**Exercise directions**
Pick out all lines of the entries that include the word "BaseReconciler" and copy them.

**Stored data**
=-=-=-=-=

-- ===== src/Overlap/Verdicts.antt =====
-- internal/controller/cycle_detection.go while calls overlap: the answer of a check whose reads are
-- spread over time.
use cascader.Common.{ℕ, ℤ, ◌≡◌, refl, Text, Option, none, List}
use cascader.Dict.{lookup}
use cascader.Client.{Client}
use cascader.Targets.{Target}
use cascader.Processes.Guarantees.{AllWithin, no_process}
use cascader.Controller.{BaseReconciler}
use cascader.Controller.Cycles.{Check, check_cycle}
use cascader.Controller.Reconcile.{World}
use cascader.Store.{look}
use cascader.Store.Graph.{graph, SameGraph}
use cascader.Store.Merges.{IsMerging}
use cascader.Stepwise.Cycles.{check_cycle_program}
use cascader.Stepwise.Verdicts.{AnyErrors, graph-SameTargets, SameCheck, check_cycle_program-Gives}
use cascader.Overlap.{Possible, Moment, Amid}
use cascader.Overlap.Graph.{Reach-SameGraph, Amid-Gives}

module _ (parse_duration : Text → Option ℤ) (b : BaseReconciler) (c : Client) (fuel : ℕ)
    (Other : c.State → c.State → Type 0) (laws : IsMerging c)
    (unlisted : lookup b.last_observed_restart_annotation b.annotation_kind_map ≡ none)
    (others : (s s' : c.State)
      → Other s s'
      → (t : Target) → graph b (look c s') t ≡ graph b (look c s) t) where
  -- What a check gives, and how it leaves the graph and the calls.
  check_cycle-Amid :
      (m m' : Moment c) (own : List (World c.State × World c.State)) (steps : ℕ) (src_id : Text)
      (ts : List Target) (answer : Check)
      → Possible parse_duration b c fuel Other m
      → Amid parse_duration b c fuel Other (check_cycle_program b c steps src_id ts) m own answer m'
      → SameCheck AnyErrors answer (check_cycle b c m.world.state steps src_id ts)
        × SameGraph b c m.world m'.world
        × AllWithin (SameGraph b c) m'.calls
  check_cycle-Amid m m' own steps src_id ts answer (world, reach) amid =
      let (_, calls) =
        Reach-SameGraph parse_duration b c fuel Other laws unlisted others reach no_process in
      let (same, _, graph_kept, calls') =
        Amid-Gives parse_duration b c fuel Other laws unlisted others m.world
          (check_cycle_program b c steps src_id ts) m m' own answer
          (check_cycle_program-Gives b c AnyErrors (SameGraph b c m.world) (λ _ _. Unit) (λ _. tt)
            m.world.state (λ w same t. graph-SameTargets b c m.world.state w.state t (same t)) steps
            src_id ts)
          (λ t. refl) calls amid in
      (same, graph_kept, calls')

  -- A check answers the same however its reads are spread over time: while other calls of the
  -- reconcilers make any accesses between them, and other writers any changes that leave the
  -- dependencies as they are, checkCycle accepts or finds a cycle, with the same path, just if it
  -- would have done so at once when it began; where the one fails, the other does, with some error.
  -- A Get sees each patch that has succeeded, the server merges each patch into the object as it is
  -- stored by then, and the key of the mark is not a configured annotation.
  pub Amid-check_cycle :
      (m m' : Moment c) (own : List (World c.State × World c.State)) (steps : ℕ) (src_id : Text)
      (ts : List Target) (answer : Check)
      → Possible parse_duration b c fuel Other m
      → Amid parse_duration b c fuel Other (check_cycle_program b c steps src_id ts) m own answer m'
      → SameCheck AnyErrors answer (check_cycle b c m.world.state steps src_id ts)
  Amid-check_cycle m m' own steps src_id ts answer possible amid =
      (check_cycle-Amid m m' own steps src_id ts answer possible amid).0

=-=-=-=-=

**Solution**
use cascader.Controller.{BaseReconciler}
module _ (parse_duration : Text → Option ℤ) (b : BaseReconciler) (c : Client) (fuel : ℕ)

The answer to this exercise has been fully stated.